Filled-in blanks
Revisiting the glory days of punk rock
by Ted Drozdowski
Blank Generation Revisited: The Early Days of Punk Rock Photographs by Roberta Bayley, Stephanie Chernikowski, George DuBose, Godlis, Bob Gruen, and Ebet Roberts. Schirmer, 200 pages, $20.
I remember punk rock just like these photos -- in living black-and-white, kinda
blurry, breathing in the dirt of CBGB or sitting out front on the curb of the
Bowery at the end of the night, finishing a Bud snuck out in my jacket pocket.
And feeling half-guilty after seeing the Ramones and thinking how I'd let my
fuckin' meathead friends back home set a copy of Never Mind the
Bollocks, Here's the Sex Pistols on fire and throw it in a
Connecticut lake as the pyrotechnics display for my birthday.
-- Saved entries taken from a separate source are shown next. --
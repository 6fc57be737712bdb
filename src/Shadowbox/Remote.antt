-- ===== src/Shadowbox/Remote.antt =====
-- The server of server_manager/web_app/shadowbox_server.ts behind its management API, with the requests
-- that it has not answered and the answers that have not arrived. The server is no part of the
-- repository: what it does on a request is a parameter, `serve`.
use pepper_vpn_client.Common.{
  ℕ, zero, suc, String, Bool, Option, none, some, List, [], ◌∷◌, ◌++◌, ◌≡◌,
}
use pepper_vpn_client.Common.Exec.{Result, ok, err}
use pepper_vpn_client.PathApi.{ApiError}
use pepper_vpn_client.Shadowbox.{
  ServerConfig, ShadowboxServer, Change, Request, no_body, name_body, hostname_body, limit_body,
  port_body, metrics_body, setter_begins, setter_ends, config_arrives, config_fails, time_is_over,
  health_event,
}

-- The documented requests of the management API, each by its method, path and body, and what the
-- server's configuration is after it. The limit has an older path and a newer one.
pub record IsDocumented (serve : Request → ServerConfig → ServerConfig) : Type 0 where
  pub put_name :
      (name : String) (c : ServerConfig)
      → serve (record { path = "name"; method = "PUT"; body = name_body name }) c
        ≡ record c { name = name }
  pub put_metrics :
      (on : Bool) (c : ServerConfig)
      → serve (record { path = "metrics/enabled"; method = "PUT"; body = metrics_body on }) c
        ≡ record c { metrics_enabled = on }
  pub put_port :
      (port : ℕ) (c : ServerConfig)
      → serve
          (record {
            path = "server/port-for-new-access-keys";
            method = "PUT";
            body = port_body port;
          })
          c
        ≡ record c { port_for_new_access_keys = some port }
  pub put_hostname :
      (hostname : String) (c : ServerConfig)
      → serve
          (record {
            path = "server/hostname-for-access-keys";
            method = "PUT";
            body = hostname_body hostname;
          })
          c
        ≡ record c { hostname_for_access_keys = some hostname }
  pub put_limit :
      (limit : ℕ) (c : ServerConfig)
      → serve
          (record {
            path = "server/access-key-data-limit";
            method = "PUT";
            body = limit_body limit;
          })
          c
        ≡ record c { access_key_data_limit = some limit }
  pub put_old_limit :
      (limit : ℕ) (c : ServerConfig)
      → serve
          (record {
            path = "experimental/access-key-data-limit";
            method = "PUT";
            body = limit_body limit;
          })
          c
        ≡ record c { access_key_data_limit = some limit }
  pub delete_limit :
      (c : ServerConfig)
      → serve
          (record { path = "server/access-key-data-limit"; method = "DELETE"; body = no_body })
          c
        ≡ record c { access_key_data_limit = none }
  pub delete_old_limit :
      (c : ServerConfig)
      → serve
          (record {
            path = "experimental/access-key-data-limit";
            method = "DELETE";
            body = no_body;
          })
          c
        ≡ record c { access_key_data_limit = none }

-- An answer on its way: to a setter, or to the question for the configuration, with what the
-- configuration was when the server answered.
pub data Answer : Type 0 where
  answer : Change → Result ApiError (Unit {0}) → Answer
  config : ServerConfig → Answer

pub record World : Type 0 where
  pub object : ShadowboxServer
  pub remote : ServerConfig
  -- the setters that wait, with the requests that they have sent
  pub pending : List (Change × Request)
  -- the answers that have not arrived, the oldest first
  pub answers : List Answer

pub data Event : Type 0 where
  -- a setter is called
  asks : Change → Event
  -- the server accepts or refuses one of the requests
  serves : ℕ → Result ApiError (Unit {0}) → Event
  tells_config : Event
  -- the oldest answer arrives
  arrives : Event
  -- a question for the configuration fails, or takes too long
  config_is_lost times_out : Event

unfoldable pub deliver : Answer → ShadowboxServer → ShadowboxServer
deliver (answer change result) s = (setter_ends change result s).0
deliver (config c) s = (health_event (config_arrives c) (s, none)).0

unfoldable pub deliver_all : List Answer → ShadowboxServer → ShadowboxServer
deliver_all [] s = s
deliver_all (a ∷ more) s = deliver_all more (deliver a s)

-- The request that a setter has just sent.
abbrev pub just_sent : Change → List Request → List (Change × Request)
just_sent change [] = []
just_sent change (r ∷ _) = (change, r) ∷ []

-- One element of a list, and the others.
unfoldable pub pick {ℓ} : {A : Type ℓ} → ℕ → List A → Option (A × List A)
pick k [] = none
pick zero (x ∷ xs) = some (x, xs)
pick (suc k) (x ∷ xs) = elim (pick k xs) [ none ↦ none | some (y, ys) ↦ some (y, x ∷ ys) ]

module _ (gte : String → String → Bool) (serve : Request → ServerConfig → ServerConfig) where
  -- The server answers a request that it has accepted or refused.
  unfoldable pub served :
      Result ApiError (Unit {0}) → Change → Request → List (Change × Request) → World → World
  served (ok done) change r others w = record w {
    remote = serve r w.remote;
    pending = others;
    answers = w.answers ++ answer change (ok done) ∷ [];
  }
  served (err e) change r others w = record w {
    pending = others;
    answers = w.answers ++ answer change (err e) ∷ [];
  }

  unfoldable pub happens : Event → World → World
  unfolding served
  happens (asks change) w =
      let (s, outcome) = setter_begins gte change w.object in
      elim outcome [
        | ok _ ↦ record w { object = s; pending = w.pending ++ just_sent change s.requests }
        | err _ ↦ record w { object = s }
      ]
  happens (serves k result) w = elim (pick k w.pending) [
    | none ↦ w
    | some ((change, r), others) ↦ served result change r others w
  ]
  happens tells_config w = record w { answers = w.answers ++ config w.remote ∷ [] }
  happens arrives w = elim w.answers [
    | [] ↦ w
    | a ∷ more ↦ record w { object = deliver a w.object; answers = more }
  ]
  happens config_is_lost w = record w { object = (health_event config_fails (w.object, none)).0 }
  happens times_out w = record w { object = (health_event time_is_over (w.object, none)).0 }

  unfoldable pub all_happen : List Event → World → World
  unfolding happens
  all_happen [] w = w
  all_happen (e ∷ es) w = all_happen es (happens e w)
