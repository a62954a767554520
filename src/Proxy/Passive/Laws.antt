-- ===== src/Proxy/Passive/Laws.antt =====
-- When passive health takes an upstream out of the selection, for how long, and when it comes back.
use go_mini_gateway.Common.{
  ℕ, ◌+◌, ◌*◌, ◌≤◌, ◌<◌, ◌≡◌, ◌⊎◌, ◌↔◌, inl, inr, refl, ap, ◌∙◌, Text, Time, second, List, [], ◌∷◌,
  ◌++◌, arith, length, All, true, false, some, or_default_pos,
}
use go_mini_gateway.Proxy.Outcome.{Outcome, success, failure, IsFailure}
use go_mini_gateway.Proxy.Passive.{
  PassiveHealth, PassiveHealthOptions, new_passive_health_state, available, record_success,
  record_failure, snapshot,
}

pub record IsValid (s : PassiveHealth) : Type 0 where
  pub failures_pos : 0 < s.failure_threshold
  pub successes_pos : 0 < s.success_threshold
  pub duration_pos : 0 < s.unhealthy_duration
  pub healthy_counts :
      s.unhealthy ≡ false
      → (s.consecutive_failures < s.failure_threshold) × (s.consecutive_successes ≡ 0)
  pub unhealthy_counts : s.unhealthy ≡ true → s.consecutive_successes < s.success_threshold

pub new-IsValid :
    (route_id upstream_id : Text) (o : PassiveHealthOptions) {s : PassiveHealth}
    → new_passive_health_state route_id upstream_id o ≡ some s
    → IsValid s
unfolding new_passive_health_state
new-IsValid route_id upstream_id o h = ground (
  arith,
  or_default_pos o.failure_threshold 3 (omega arith),
  or_default_pos o.success_threshold 1 (omega arith),
  or_default_pos o.unhealthy_duration (10 * second) (omega arith),
)

unfoldable pub record_outcome : PassiveHealth → Outcome → PassiveHealth
record_outcome s (success now) = record_success s now
record_outcome s (failure now reason) = record_failure s now reason

unfoldable pub record_outcomes : PassiveHealth → List Outcome → PassiveHealth
unfolding record_outcome
record_outcomes s [] = s
record_outcomes s (o ∷ os) = record_outcomes (record_outcome s o) os

record_outcome-IsValid :
    (s : PassiveHealth) (o : Outcome) → IsValid s → IsValid (record_outcome s o)
unfolding record_outcome record_success record_failure
record_outcome-IsValid s (success now) v = ground arith
record_outcome-IsValid s (failure now reason) v = ground arith

record_outcomes-IsValid :
    (os : List Outcome) (s : PassiveHealth) → IsValid s → IsValid (record_outcomes s os)
unfolding record_outcomes
record_outcomes-IsValid [] s v = v
record_outcomes-IsValid (o ∷ os) s v =
    record_outcomes-IsValid os (record_outcome s o) (record_outcome-IsValid s o v)

record_outcomes-append :
    (s : PassiveHealth) (xs ys : List Outcome)
    → record_outcomes s (xs ++ ys) ≡ record_outcomes (record_outcomes s xs) ys
unfolding record_outcomes
record_outcomes-append s [] ys = refl
record_outcomes-append s (x ∷ xs) ys = record_outcomes-append (record_outcome s x) xs ys

-- A state built from any options is valid after any outcomes: the limits are positive; healthy, the
-- failures in a row are below their threshold; unhealthy, the successes in a row are.
new-record_outcomes-IsValid :
    (route_id upstream_id : Text) (o : PassiveHealthOptions) (os : List Outcome) {s : PassiveHealth}
    → new_passive_health_state route_id upstream_id o ≡ some s
    → IsValid (record_outcomes s os)
new-record_outcomes-IsValid route_id upstream_id o os {s} h =
    record_outcomes-IsValid os s (new-IsValid route_id upstream_id o h)

record_failures-counts :
    (block : List Outcome) (s : PassiveHealth)
    → All IsFailure block
    → let d = record_outcomes s block in
      (d.consecutive_failures ≡ s.consecutive_failures + length block)
      × (d.failure_threshold ≡ s.failure_threshold)
      × (d.unhealthy_duration ≡ s.unhealthy_duration)
unfolding record_outcomes record_failure
record_failures-counts [] s f = ground arith
record_failures-counts (success now ∷ block) s (f, _) = absurd f
record_failures-counts (failure now reason ∷ block) s (_, fs) =
    ground (arith, record_failures-counts block (record_failure s now reason) fs)

last_failure_marks :
    (s : PassiveHealth) (now : Time) (reason : Text)
    → s.failure_threshold ≤ s.consecutive_failures + 1
    → let d = record_failure s now reason in
      (d.unhealthy ≡ true) × (d.retry_after ≡ now + s.unhealthy_duration)
unfolding record_failure
last_failure_marks s now reason h = ground arith

available_marked :
    (s : PassiveHealth) (later until : Time)
    → s.unhealthy ≡ true
    → s.retry_after ≡ until
    → (available s later ≡ false) ↔ (later < until)
unfolding available
available_marked s later until u r = ground arith

-- Whatever the state was before, once `failureThreshold` outcomes in a row are failures, the last of
-- them at `now`, the upstream is unavailable exactly until `now + unhealthyDuration`.
streak-unavailable_iff :
    (s : PassiveHealth) (block : List Outcome) (now later : Time) (reason : Text)
    → All IsFailure block
    → s.failure_threshold ≤ length block + 1
    → (available (record_outcomes s (block ++ failure now reason ∷ [])) later ≡ false)
      ↔ (later < now + s.unhealthy_duration)
unfolding record_outcomes
streak-unavailable_iff s block now later reason f n =
    let (count, same, length_same) = record_failures-counts block s f in
    let (marked, until) = last_failure_marks (record_outcomes s block) now reason (omega arith) in
    rw (record_outcomes-append s block (failure now reason ∷ [])) (
      available_marked _ later (now + s.unhealthy_duration) marked
        (until ∙ ap (λ d. now + d) length_same))

abbrev pub IsSuccess : Outcome → Type 0
IsSuccess (success _) = Unit
IsSuccess (failure _ _) = ⊥

healthy-record_successes :
    (os : List Outcome) (s : PassiveHealth)
    → All IsSuccess os
    → s.unhealthy ≡ false
    → (record_outcomes s os).unhealthy ≡ false
unfolding record_outcomes record_success
healthy-record_successes [] s f h = h
healthy-record_successes (failure now reason ∷ os) s (f, _) h = absurd f
healthy-record_successes (success now ∷ os) s (_, fs) h =
    healthy-record_successes os (record_success s now) fs (ground arith)

unhealthy-record_success :
    (s : PassiveHealth) (now : Time)
    → s.unhealthy ≡ true
    → let d = record_success s now in
      ((s.success_threshold ≤ s.consecutive_successes + 1) × (d.unhealthy ≡ false))
      ⊎ ((s.consecutive_successes + 1 < s.success_threshold)
          × (d.unhealthy ≡ true)
          × (d.consecutive_successes ≡ s.consecutive_successes + 1)
          × (d.success_threshold ≡ s.success_threshold))
unfolding record_success
unhealthy-record_success s now h = ground arith

-- An unhealthy upstream recovers by successes in a row exactly when they take the counter to
-- `successThreshold`.
recovers_iff :
    (os : List Outcome) (s : PassiveHealth)
    → IsValid s
    → s.unhealthy ≡ true
    → All IsSuccess os
    → ((record_outcomes s os).unhealthy ≡ false)
      ↔ (s.success_threshold ≤ s.consecutive_successes + length os)
unfolding record_outcomes
recovers_iff [] s v u f = (λ h. cc, λ h. absurd (ground (arith, v.unhealthy_counts u)))
recovers_iff (failure now reason ∷ os) s v u (f, _) = absurd f
recovers_iff (success now ∷ os) s v u (_, fs) = elim (unhealthy-record_success s now u) [
  | inl (full, well) ↦
      (λ _. omega arith, λ _. healthy-record_successes os (record_success s now) fs well)
  | inr (more, still, count, same) ↦
      let (to, from) =
        recovers_iff os (record_success s now) (record_outcome-IsValid s (success now) v) still
          fs in
      (λ h. let n = to h in omega arith, λ h. from (omega arith))
]

-- The snapshot agrees with what the selection is told.
pub snapshot-available :
    (format : Time → Text) (duration_string : ℕ → Text) (s : PassiveHealth) (now : Time)
    → (snapshot format duration_string s now).available ≡ available s now
unfolding snapshot available
snapshot-available format duration_string s now = ground arith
I'd felt I'd betrayed the ideas -- the art -- that these people who were
transforming themselves and their clothes and their music were living. I was an
interloper, a thrillseeker, just trying to get a grasp on where this new and
fascinating bohemian liberation front was headed. But the people who were
playing or roosting at CB's and the Mud Club every night from '77 to '80 were
right in the thick of it -- on the front of a cultural battleground that
would change a generation's aesthetics. And the shooters of Blank
Generation were among them.
These photos -- from glorified snapshots to compelling night portraits that
sum up the glorious gray areas of art and psychology that early punk's embrace
held -- speak of a time when the music and lifestyle was fresh enough to snap
when it bent. They're old postcards from white America's last great creative
edge -- from a time when being a "punk" meant you really were an outsider. (By
the way, if you think there's anything "punk" about bands who get ferried to
gigs by their parents until they sign a big record deal and get mass-marketed
to multi-platinum . . . you're wrong.)
Some of this is very familiar: Roberta Bayley's shot of the Ramones from their
first album cover and her chocolate-syrup bloodstained portrait of the
Heartbreakers; former Spin photo editor George DuBose's fiery satanic rendering
of the Fleshtones from their Hexbreaker album; Bob Gruen's shot of the
Sex Pistols clowning in a bar with straws; Ebet Robert's Village Voice
cover shot of a remarkably fresh-faced Elvis Costello on stage at the Capitol
Theater in Passaic, New Jersey, in '78. They're stage shots, dressing-room
moments, publicity pix, and street scenes -- capturing all the sweat-tightened
leather and attitude we've come to expect from high-quality rock photography.
But the work of Stephanie Chernikowski and Godlis cuts beneath the surface of
the early punk scene. Chernikowski gets into her subjects in ways that we
haven't often seen. There's a close-up of David Byrne's head, taken from below.
And the shadows play on his face in a way that accents the strength of his jaw
and his solid cheekbones, making him seem more like a young Marine than a
birdlike minstrel. Her shot of Television's Richard Lloyd at CBGB -- the light
reflecting off his pageboy haircut, hexagonal sunglasses on well after midnight
-- reveals the hustler behind the unpretentious image. There's also Scott
Kempner of the Dictators, sweat-soaked and reclining on an abandoned car behind
CBGB, that's the essence of a performer who's just hollowed out his soul in
performance. Nice stuff.
In his photos of scenesters giving each other haircuts with a cigarette
lighter, Patti Smith standing on the corner of Bleecker and Bowery, Arto
Lindsay strolling rain-streaked streets, or Richard Hell on stage, a cigarette
burning between his fingers as he warbles into the microphone, Godlis brings
the surreal edge of the blossoming punk scene into our laps. Like the artists
he photographed, he worked in extremes for these pictures -- eschewing flashes
in favor of pushing his film to create grainy textures and sharp contrasts in
light and darkness. And he shows a knack for capturing great moments, whether
it's the Ramones playing on stage at CB's to a packed house or Alex Chilton
standing on a median strip, his head illuminated by a shaft of streetlight, an
ambulance with flashing lights whirring toward the camera, cars speeding past
-- all amplified by a raindrop that hit the camera lens, casting dark little
clouds into the image.
Striking as these images can be, the bottom line here is fun. That's how it
was for the musicians, too. It's also a blast to see once again faces that have
drifted into obscurity, like Poly Styrene of X-Ray Spex, or Snooky of the Sic
Fucks wielding a gigantic meat cleaver. If these artists were indeed part of a
Blank Generation, they found plenty to fill that empty canvas.